Voici les 3 clichés qui ont permis d’obtenir la photo HDR :

assemblage-photo-hdr

La première a été volontairement sous-exposée (à-1,3) afin de conserver le détail des zones claires. Il n’y a pas de « zones cramées » mais on ne distingue rien dans les arbres. La seconde est celle qui est exposée normalement (la non HDR avec laquelle on compare la photo HDR) et la troisième est celle qui a été sur-exposée (à+1,3) afin de conserver le détail des zones sombres. On y distingue pas mal de « zones cramées » parmi les nuages.

A qui s’adresse la photographie HDR?

La photographie HDR d’adresse à tous les amateurs de photographie mais pour photographier des sujets relativement immobiles étant donné que minimum 3 photos doivent se « superposer ». Elle fait la joie de nombreux artistes de par ses nombreux filtres très variés (réalistes, impressionnistes,…) pouvant être appliqués lors de la conversion en HDR. Les architectes et les agents immobiliers en sont également partisans afin de présenter leur bien dans les meilleurs conditions de luminosité, cela leur permets par exemple de distinguer une scène extérieure (jardin) au travers la fenêtre d’une pièce intérieure qui est moins bien éclairée.

2 possibilités s’offrent à vous pour commencer la photographie en HDR :

  1. Configurer votre appareil photo sur le mode HDR : il prendra lui même 3 photos (ou plus) les unes à la suite des autres qui seront fusionnées selon son algorithme pour en faire une seule HDR.
  2. Prendre vous même les photos exposées différemment (avec le mode bracketing par exemple) et les assembler pour en faire une photo HDR avec l’un des nombreux logiciels spécialisées (Photomatix Pro, Fusion HDR Pro pour Photoshop, Luminance HDR…)

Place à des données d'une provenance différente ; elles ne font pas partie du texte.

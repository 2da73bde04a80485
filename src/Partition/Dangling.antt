-- ===== src/Partition/Dangling.antt =====
-- A dead letter whose job is dropped before the buffer is flushed.
use cue.Base.{
  ℕ, ◌≡◌, refl, ◌∙◌, ◌⊎◌, inl, inr, true, List, [], ◌∷◌, none, some, String, done, panics, ◌>>=◌,
  arith,
}
use cue.Base.Key.{string_key}
use cue.Model.{Job, Command, DropPayload}
use cue.Store.{JobStore, get_by_id, get}
use cue.Store.Invariant.{IsValid}
use cue.Store.Emptied.{release-get, force_release-slots}
use cue.Store.Release.{force_release-refines}
use cue.Dlq.{DeadLetter}
use cue.Dlq.Flush.{slot, Dangling, flush-Dangling}
use cue.Partition.State.{Partition, Env}
use cue.Partition.Commands.{handle_drop, flush_dlq, release_all}
use cue.Partition.Completion.{named_in, release_all-Swept}

-- A job that the store's slots hold is in the map under its ID.
get-get_by_id :
    (js : JobStore) (i : ℕ) (job : Job)
    → IsValid js
    → get js i ≡ some job
    → get_by_id js job.id ≡ some job
unfolding get_by_id
get-get_by_id js i job v e =
    let (at, named, r) = release-get js i job e in
    rw (v.indexed job.id i named (rw at refl), get_by_id) e

release_all-slots :
    (js : JobStore) (ids : List String) (j : ℕ)
    → IsValid js
    → {js' : JobStore} → release_all js ids ≡ done js'
    → (get js' j ≡ get js j) ⊎ (get js' j ≡ none)
unfolding release_all
release_all-slots js [] j v h = inl (ground arith)
release_all-slots js (id ∷ ids) j v {js'} h =
    let (js1, e, c) = force_release-refines js id v in
    elim (release_all-slots js1 ids j c.valid {js' = js'} (rw e at h)) [
      | inl same ↦ elim (force_release-slots js id j e) [
        | inl k ↦ inl (same ∙ k)
        | inr k ↦ inr (same ∙ k)
      ]
      | inr gone ↦ inr gone
    ]

-- Dropping the job of a slot empties the slot.
release_all-get :
    (js : JobStore) (ids : List String) (i : ℕ) (job : Job)
    → IsValid js
    → get js i ≡ some job
    → named_in job.id ids ≡ true
    → (js' : JobStore) × (release_all js ids ≡ done js') × (get js' i ≡ none)
release_all-get js ids i job v held named =
    let (js', e, s) = release_all-Swept js ids v in
    (
      js',
      e,
      elim (release_all-slots js ids i v e) [
        | inl same ↦
            let there = get-get_by_id js' i job s.valid (same ∙ held) in
            absurd (ground (arith, s.map_after job.id))
        | inr gone ↦ gone
      ],
    )

-- A letter of the buffer refers to the slot.
abbrev pub Refers : ℕ → List DeadLetter → Type 0
Refers i [] = ⊥
Refers i (item ∷ items) = (i ≡ slot item) ⊎ Refers i items

Refers-Dangling :
    (js : JobStore) (i : ℕ) (items : List DeadLetter)
    → get js i ≡ none
    → Refers i items
    → Dangling js items
Refers-Dangling js i [] e r = absurd r
Refers-Dangling js i (item ∷ items) e (inl same) = inl (rw (← same) e)
Refers-Dangling js i (item ∷ items) e (inr r) = inr (Refers-Dangling js i items e r)

-- Where the store is well formed, when the log brings the drop of a job that a buffered dead letter
-- still refers to, the next flush panics: the buffer is not told of the drop, and `Flush` reads the
-- job without a test for nil.
pub handle_drop-flush_dlq :
    (env : Env) (p : Partition) (cmd : Command) (payload : DropPayload) (i : ℕ) (job : Job)
    → IsValid p.job_store
    → cmd.drop_jobs ≡ some payload
    → get p.job_store i ≡ some job
    → named_in job.id payload.job_ids ≡ true
    → Refers i p.dlq_buffer.jobs
    → (handle_drop p cmd >>= λ (p', response). flush_dlq env p') ≡ panics
unfolding handle_drop flush_dlq
handle_drop-flush_dlq env p cmd payload i job v e held named r =
    let (js', e', gone) = release_all-get p.job_store payload.job_ids i job v held named in
    let panic =
      flush-Dangling p.dlq_buffer js' env.now_milli
        (Refers-Dangling js' i p.dlq_buffer.jobs gone r) in
    rw (e, handle_drop) (rw (e') (rw panic refl))
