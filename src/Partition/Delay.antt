-- ===== src/Partition/Delay.antt =====
-- The retry delay.
use cue.Base.{arith}
use cue.Base.Int.{ℤ, pos, ◌≤ℤ◌, ◌<ℤ◌}
use cue.Partition.State.{PartitionConfig, calculate_retry_delay_sec}

-- The delay is at least a second and at most 20 seconds, for every retry count.
pub calculate_retry_delay_sec_bounds :
    (config : PartitionConfig) (n : ℤ)
    → (pos 1 ≤ℤ calculate_retry_delay_sec config n) × (calculate_retry_delay_sec config n ≤ℤ pos 20)
unfolding calculate_retry_delay_sec
calculate_retry_delay_sec_bounds config n = (ground arith, ground arith)

-- The delay is no longer than a positive `MaxBackoffSec`, for every retry count.
pub calculate_retry_delay_sec_backoff :
    (config : PartitionConfig) (n : ℤ)
    → pos 0 <ℤ config.max_backoff_sec
    → calculate_retry_delay_sec config n ≤ℤ config.max_backoff_sec
unfolding calculate_retry_delay_sec
calculate_retry_delay_sec_backoff config n h = ground arith

-- A later retry waits at least as long as an earlier one.
pub calculate_retry_delay_sec_mono :
    (config : PartitionConfig) (n m : ℤ)
    → n ≤ℤ m
    → calculate_retry_delay_sec config n ≤ℤ calculate_retry_delay_sec config m
unfolding calculate_retry_delay_sec
calculate_retry_delay_sec_mono config n m h = ground arith
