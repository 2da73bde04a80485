-- ===== src/Partition/Follower.antt =====
-- internal/state/partition.go: what the commands of the log, which every node applies, make of the
-- length of the queue. Only `dispatch`, which a follower leaves at once, removes references from it.
use cue.Base.{
  ℕ, ◌≤◌, ◌≡◌, refl, sym, ap, subst, ◌∙◌, inl, inr, List, [], ◌∷◌, ◌++◌, length, Result, ok, err,
  Run, done, panics, OnDone, OnDone-bind, OnDone-after, Bool-cases, Option-cases, arith, length-set,
  ◌==◌,
}
use cue.Model.{Job, JobFailure, Command, cmd_add_jobs, cmd_done, cmd_drop}
use cue.Queue.{added}
use cue.Queue.Shape.{add_new_job-cases}
use cue.Store.{JobStore, StoreError, create, release}
use cue.Partition.State.{Partition, Env}
use cue.Partition.Commands.{
  enqueue, admit, add_job, add_jobs_loop, stamped, new_ref, handle_add_jobs, handle_done,
  handle_drop, handle_command, mark_all, release_all,
}

-- The queue has as many live jobs as before or more, in a slice of the same length.
pub record Grows (p p' : Partition) : Type 0 where
  pub more : p.process_queue.live_count ≤ p'.process_queue.live_count
  pub same : length p'.process_queue.records ≡ length p.process_queue.records

Grows-same : (p p' : Partition) → p'.process_queue ≡ p.process_queue → Grows p p'
Grows-same p p' e = record {
  more = omega (arith, ap (λ q. q.live_count) e);
  same = ap (λ q. length q.records) e;
}

Grows-trans : (p q r : Partition) → Grows p q → Grows q r → Grows p r
Grows-trans p q r a b = record { more = omega (arith, a.more, b.more); same = b.same ∙ a.same }

-- An operation that returns a partition and more.
abbrev pub OnlyGrows {ℓ} : {B : Type ℓ} → Partition → Run (Partition × B) → Type 0
OnlyGrows p = OnDone (λ r. Grows p r.0)

enqueue-Grows :
    (env : Env) (p : Partition) (js : JobStore) (job : Job) (idx : ℕ)
    → OnlyGrows p (enqueue env p js job idx)
unfolding enqueue added
enqueue-Grows env p js job idx =
    let q = p.process_queue in
    elim (add_new_job-cases q (new_ref env idx)) [
      | inl (full, e) ↦
          rw (e, enqueue)
            (OnDone-bind (λ r. Grows p r.0) (release js idx) _ λ js'. Grows-same p _ refl)
      | inr (room, e) ↦
          rw (e, enqueue)
            (record { more = omega arith; same = length-set q.records q.live_count _ })
    ]

admit-Grows : (env : Env) (p : Partition) (job new : Job) → OnlyGrows p (admit env p job new)
unfolding admit
admit-Grows env p job new =
    OnDone-bind (λ r. Grows p r.0) (create p.job_store new) _ λ (js, r). by_result js r
  where
    by_result :
        (js : JobStore) (r : Result StoreError ℕ)
        → OnlyGrows p (elim r [ err duplicate ↦ done (p, []) | ok idx ↦ enqueue env p js job idx ])
    by_result js (err e) = Grows-same p p refl
    by_result js (ok idx) = enqueue-Grows env p js job idx

add_job-Grows : (env : Env) (p : Partition) (job : Job) → OnlyGrows p (add_job env p job)
unfolding add_job
add_job-Grows env p job = elim (Bool-cases job.is_done) [
  | inl d ↦ simp d (Grows-same p p refl)
  | inr d ↦
      let undone : add_job env p job ≡ admit env p job (stamped env job) = simp d refl in
      subst (OnlyGrows p) (sym undone) (admit-Grows env p job (stamped env job))
]

add_jobs_loop-Grows :
    (env : Env) (p : Partition) (jobs : List Job) (failures : List JobFailure)
    → OnlyGrows p (add_jobs_loop env p jobs failures)
unfolding add_jobs_loop
add_jobs_loop-Grows env p [] failures = Grows-same p p refl
add_jobs_loop-Grows env p (job ∷ jobs) failures =
    OnDone-after (λ r. Grows p r.0) (λ r. Grows p r.0) (add_job env p job) _
      (add_job-Grows env p job)
      λ (p1, more) g.
        weaken p1 g (add_jobs_loop env p1 jobs (failures ++ more))
          (add_jobs_loop-Grows env p1 jobs (failures ++ more))
  where
    weaken :
        (p1 : Partition)
        → Grows p p1
        → (m : Run (Partition × List JobFailure)) → OnlyGrows p1 m
        → OnlyGrows p m
    weaken p1 g (done r) h = Grows-trans p p1 r.0 g h
    weaken p1 g panics h = tt

handle_add_jobs-Grows :
    (env : Env) (p : Partition) (cmd : Command) → OnlyGrows p (handle_add_jobs env p cmd)
unfolding handle_add_jobs
handle_add_jobs-Grows env p cmd = elim (Option-cases cmd.add_jobs) [
  | inl e ↦ rw (e, handle_add_jobs) (Grows-same p p refl)
  | inr (payload, e) ↦
      rw (e, handle_add_jobs)
        (OnDone-after (λ r. Grows p r.0) (λ r. Grows p r.0) (add_jobs_loop env p payload.jobs []) _
          (add_jobs_loop-Grows env p payload.jobs []) λ r g. g)
]

handle_done-Grows : (p : Partition) (cmd : Command) → OnlyGrows p (handle_done p cmd)
unfolding handle_done
handle_done-Grows p cmd = elim (Option-cases cmd.done_jobs) [
  | inl e ↦ rw (e, handle_done) (Grows-same p p refl)
  | inr (payload, e) ↦
      rw (e, handle_done)
        (OnDone-bind (λ r. Grows p r.0) (mark_all p.job_store payload.job_ids) _
          λ js. Grows-same p _ refl)
]

handle_drop-Grows : (p : Partition) (cmd : Command) → OnlyGrows p (handle_drop p cmd)
unfolding handle_drop
handle_drop-Grows p cmd = elim (Option-cases cmd.drop_jobs) [
  | inl e ↦ rw (e, handle_drop) (Grows-same p p refl)
  | inr (payload, e) ↦
      rw (e, handle_drop)
        (OnDone-bind (λ r. Grows p r.0) (release_all p.job_store payload.job_ids) _
          λ js. Grows-same p _ refl)
]

-- No command of the log takes a job out of the queue: after any command that does not panic, the
-- queue has as many live jobs as before or more, in a slice of the same length.
pub handle_command-Grows :
    (env : Env) (p : Partition) (cmd : Command) → OnlyGrows p (handle_command env p cmd)
unfolding handle_command
handle_command-Grows env p cmd = elim (Bool-cases (cmd.kind == cmd_add_jobs)) [
  | inl e ↦ simp e (handle_add_jobs-Grows env p cmd)
  | inr e ↦ elim (Bool-cases (cmd.kind == cmd_done)) [
    | inl f ↦ simp (e, f) (handle_done-Grows p cmd)
    | inr f ↦ elim (Bool-cases (cmd.kind == cmd_drop)) [
      | inl g ↦ simp (e, f, g) (handle_drop-Grows p cmd)
      | inr g ↦ simp (e, f, g) (Grows-same p p refl)
    ]
  ]
]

Pour conclure, quelques conseils pour bien débuter en HDR :

  1. Prenez vos photos à l’aide d’un trépied en utilisant le retardateur ou à défaut un bon appui afin d’obtenir des images ayant exactement le même cadrage
  2. Prenez vos photos rapidement les unes après les autres afin d’éviter tout changement de scène (lumière, sujet en déplacement…)
  3. Prenez vos photos en conservant la même ouverture (mode Av sur de nombreux reflex) pour ne pas faire varier la profondeur de champ sur les différentes images qui vont composer votre photo HDR.
  4. Si vous travailler avec un trépied, régler la sensibilité de l’appareil à 100 ISO afin de minimiser le bruit car les algorithmes de montage HDR sont souvent déjà générateurs de bruit.
  5. Prenez vos photos en RAW et non en Jpeg : les photos en RAW (sans compression) vous permettrons d’affiner vos paramètres au développement avant de lancer le processus HDR, notament au niveau de la balance des blancs.

Et une dernière astuce…

Il n’est pas possible de prendre un photo HDR d’un sujet trop en mouvement mais à condition de prendre votre photo au format RAW, certain filtres post-traitement (Photoshop, DxO Optics Pro,…) pourront vous procurer un résultat parfois très similaire.